I will begin with a story. This is how Nietzsche told it in the Birth of Tragedy:
There is an ancient story that king Midas hunted in the forest a long time for the wise Silenus, the companion of Dionysus, without capturing him. When at last he fell into his hands, the king asked what was best of all and most desirable for man. Fixed and immovable, the demon remained silent; till at last, forced by the king, he broke out with shrill laughter into these words: “Oh, wretched race of a day, children of chance and misery, why do ye compel me to say to you what it were most expedient for you not to hear? What is best of all is for ever beyond your reach: not to be born, not to be, to be nothing. The second best for you, however, is soon to die.”The meaning of this has been hidden from me for years. A couple weeks ago, I had a thought which shed some light on the problem.

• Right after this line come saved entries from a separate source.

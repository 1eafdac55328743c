-- ===== src/Gold/Events.antt =====
-- The balance events of a batch of silver records: the part of materialize_gold_from_silver in
-- adapters/src/dual_write.rs that the recomputation of the balance history starts from.
use spectraplex.Base.{
  ℕ, ℤ, pos, String, Bool, ◌&&◌, not, Option, List, [], ◌∷◌, ◌++◌, map, ltb_ℤ, if◌then◌else◌,
  str_eq, concat_map,
}
use spectraplex.Gold.{
  Outside, RawTransaction, TokenTransfer, NativeBalanceDelta, Silver, WalletLedgerRecord, format,
  raw_of, hash_of, time_or, is_wallet, symbol_of, id_or_nil,
}
use spectraplex.Gold.Flows.{evm_native, ledger_records}

pub record BalanceEvent (D : Type 0) : Type 0 where
  pub network : String
  pub asset : String
  pub timestamp : ℤ
  pub tx_hash : String
  pub delta : D
  pub snapshot_id : ℕ

module _ (o : Outside) where
  abbrev pub balance_snapshot_id : String → String → ℤ → String → ℕ → ℕ
  balance_snapshot_id wallet asset timestamp tx_hash source_id = o.new_v5 (
      format (
        "bh:"
        ∷ wallet
        ∷ ":"
        ∷ asset
        ∷ ":"
        ∷ o.integer_text timestamp
        ∷ ":"
        ∷ tx_hash
        ∷ ":"
        ∷ o.uuid_text source_id
        ∷ []))

  module _ (wallet : String) (version : Option ℕ) (raws : List RawTransaction) where
    abbrev pub transfer_delta : Bool → Bool → o.BigDecimal → o.BigDecimal
    transfer_delta from_match to_match amount =
        if from_match && to_match then o.zero else if from_match then o.neg amount else amount

    unfoldable pub transfer_events : TokenTransfer o.BigDecimal → List (BalanceEvent o.BigDecimal)
    transfer_events t =
        let from_match = is_wallet o wallet version raws t.from_address in
        let to_match = is_wallet o wallet version raws t.to_address in
        let raw_tx = raw_of raws t.raw_transaction_id in
        let asset = symbol_of o wallet version raws t in
        let source_id = o.new_v5 (
          format (
            "transfer:"
            ∷ id_or_nil o t.raw_transaction_id
            ∷ ":"
            ∷ t.token_address
            ∷ ":"
            ∷ t.from_address
            ∷ ":"
            ∷ t.to_address
            ∷ ":"
            ∷ o.integer_text t.transfer_index
            ∷ [])) in
        if ltb_ℤ t.decimals (pos 0)
        then []
        else if not from_match && not to_match
        then []
        else record {
          network = t.network;
          asset = asset;
          timestamp = time_or raw_tx (pos 0);
          tx_hash = hash_of raw_tx;
          delta = transfer_delta from_match to_match t.amount;
          snapshot_id =
              balance_snapshot_id wallet asset (time_or raw_tx (pos 0)) (hash_of raw_tx) source_id;
        }
          ∷ []

    unfoldable pub native_events :
        NativeBalanceDelta o.BigDecimal → List (BalanceEvent o.BigDecimal)
    native_events d =
        let raw_tx = raw_of raws d.raw_transaction_id in
        let source_id = o.new_v5 (
          format (
            "native:"
            ∷ id_or_nil o d.raw_transaction_id
            ∷ ":"
            ∷ d.account_address
            ∷ ":"
            ∷ d.native_token
            ∷ [])) in
        if not (is_wallet o wallet version raws d.account_address)
        then []
        else record {
          network = d.network;
          asset = d.native_token;
          timestamp = time_or raw_tx (pos 0);
          tx_hash = hash_of raw_tx;
          delta = d.delta;
          snapshot_id =
              balance_snapshot_id wallet d.native_token (time_or raw_tx (pos 0)) (hash_of raw_tx)
                source_id;
        }
          ∷ []

    abbrev pub evm_event : RawTransaction × String × o.BigDecimal → BalanceEvent o.BigDecimal
    evm_event (raw, asset, delta) = record {
      network = raw.network;
      asset = asset;
      timestamp = raw.timestamp;
      tx_hash = raw.tx_hash;
      delta = delta;
      snapshot_id = balance_snapshot_id wallet asset raw.timestamp raw.tx_hash raw.id;
    }

  unfoldable pub balance_events :
      String → Option ℕ → Silver o.BigDecimal → List (BalanceEvent o.BigDecimal)
  balance_events wallet version s =
      concat_map (transfer_events wallet version s.raw_txs) s.token_transfers
      ++ (concat_map (native_events wallet version s.raw_txs) s.native_deltas
          ++ concat_map
              (λ raw.
                map (evm_event wallet version s.raw_txs)
                  (evm_native o wallet version s.raw_txs raw).balance_flows)
              s.raw_txs)

  -- The ledger records and the balance events of a call, of which there are none for an empty wallet.
  unfoldable pub materialize_gold_from_silver :
      String
      → Option ℕ
      → Silver o.BigDecimal
      → List (WalletLedgerRecord o.BigDecimal) × List (BalanceEvent o.BigDecimal)
  materialize_gold_from_silver wallet version s =
      if str_eq wallet ""
      then ([], [])
      else (ledger_records o wallet version s, balance_events wallet version s)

It began with longing for God, an experience that I can only compare to panting, unslaked love. As it appears to my mind, the concept of a loving God is the most ludicrously happy idea imaginable. In the presence of God, the fear of the void is a misconception, because the deepest ocean is a puddle in his eyes. (From Jonah, which Jews will read this Saturday afternoon: “The waters surrounded me even unto death, the deep encompassed me; seaweed enwrapped my head. I went down to the roots of the mountains; the earth was barred against me evermore. Yet Thou didst bring up my life from destruction, O Lord, my God.”) And even if the deep does take us, a funeral is a celebration, because it lets us finally rest in God’s bosom. And then the night will pass, and we will wake to a rosy dawn. This assurance, this soft comfort, is what I think Tolkien means here:
There, peeping among the cloud-wrack above a dark tor high up in the mountains, Sam saw a white star twinkle for a while. The beauty of it smote his heart, as he looked up out of the forsaken land, and hope returned to him. For like a shaft, clear and cold, the thought pierced him that in the end the Shadow was only a small and passing thing: there was light and high beauty for ever beyond its reach.Similarly: the closest I’ve ever come to bliss has been during the singing of Adir Venaor, a poem that my congregation reads several times on Yom Kippur. From ages six to twenty, it was an experience that insisted to me powerfully: it’s all okay! don’t worry! It was a glimpse of the star over Mordor; an annual drink from the well of God’s love.
And so to be violently deprived of God, to live in a modern world filled with fog and darkness, is an awful curse. If the well runs dry, then life is the shadow of a dream, and all is vanity. Who then can distinguish between beast and man, who both go down to the dusty earth? This all leads to the most fervent prayer of the atheist:
As the deer thirsts for streams of water, so does my soul long for you, God.
There is nothing bitterer to me than this longing. Among humans, unrequited love is unbearable, but it passes—you can find a person to cling to and love. To an atheist, the desire for heaven is permanently stymied, because heaven is empty, and will be forever.
And with the loss of God comes the loss of his promises. We moderns—unlike the medievals—are in Solomon’s position: we have nothing to suggest that our suffering will be alleviated here or made up for later. We can contemplate eternity, but now that we know that the sky is a thin layer of air that quickly gives way to infinite space, it’s hard to know where that eternity could be spent.
Being alive is painful for that reason alone. We are born on earth, pulled from the dark lake of eternal sleep, and taken achingly close to heaven. We look upon the light of the sun, we breathe the night air, and watch the wheeling stars—and then we are thrown back into the deep.
Even more terrible is our eternal love for other people, which death makes a cruel mockery of. My grandmother died this summer. Yes, she was in her eighties. Death often happens to people that age. It was natural and painless. But that doesn’t make it any less awful, any less scandalous. I am angry that I will never hug her again. I am angry that I will never meet my great-grandfather, and be kept from him by the thinnest veil of two decades. I am angry that I will leave everyone I know when we all wander our own ways into the night. The Archpoet sang: Quisquis amat taliter volvitur in rota. Whoever loves so fiercely is turned on the rack.
This gives me an glimmer of Silenus’ point. We’re given a foretaste of eternal love, and then it’s forced on us mockingly that we can’t have it.
But while death is painless and life painful, the fact remains that it’s incredibly wonderful—if briefly—to be above the surface of the lake, to dry off and warm up by the fire. Silenus might have been right on the first point, but his second piece of advice (to die soon) is wicked deceit. However mixed with pain and decay, the light of the sun and the embraces of a lover are intoxicatingly wonderful. Memento mori necnon vivere. Remember that you will die, but remember to live first.
Have a joyful Day of Atonement if you’re celebrating it.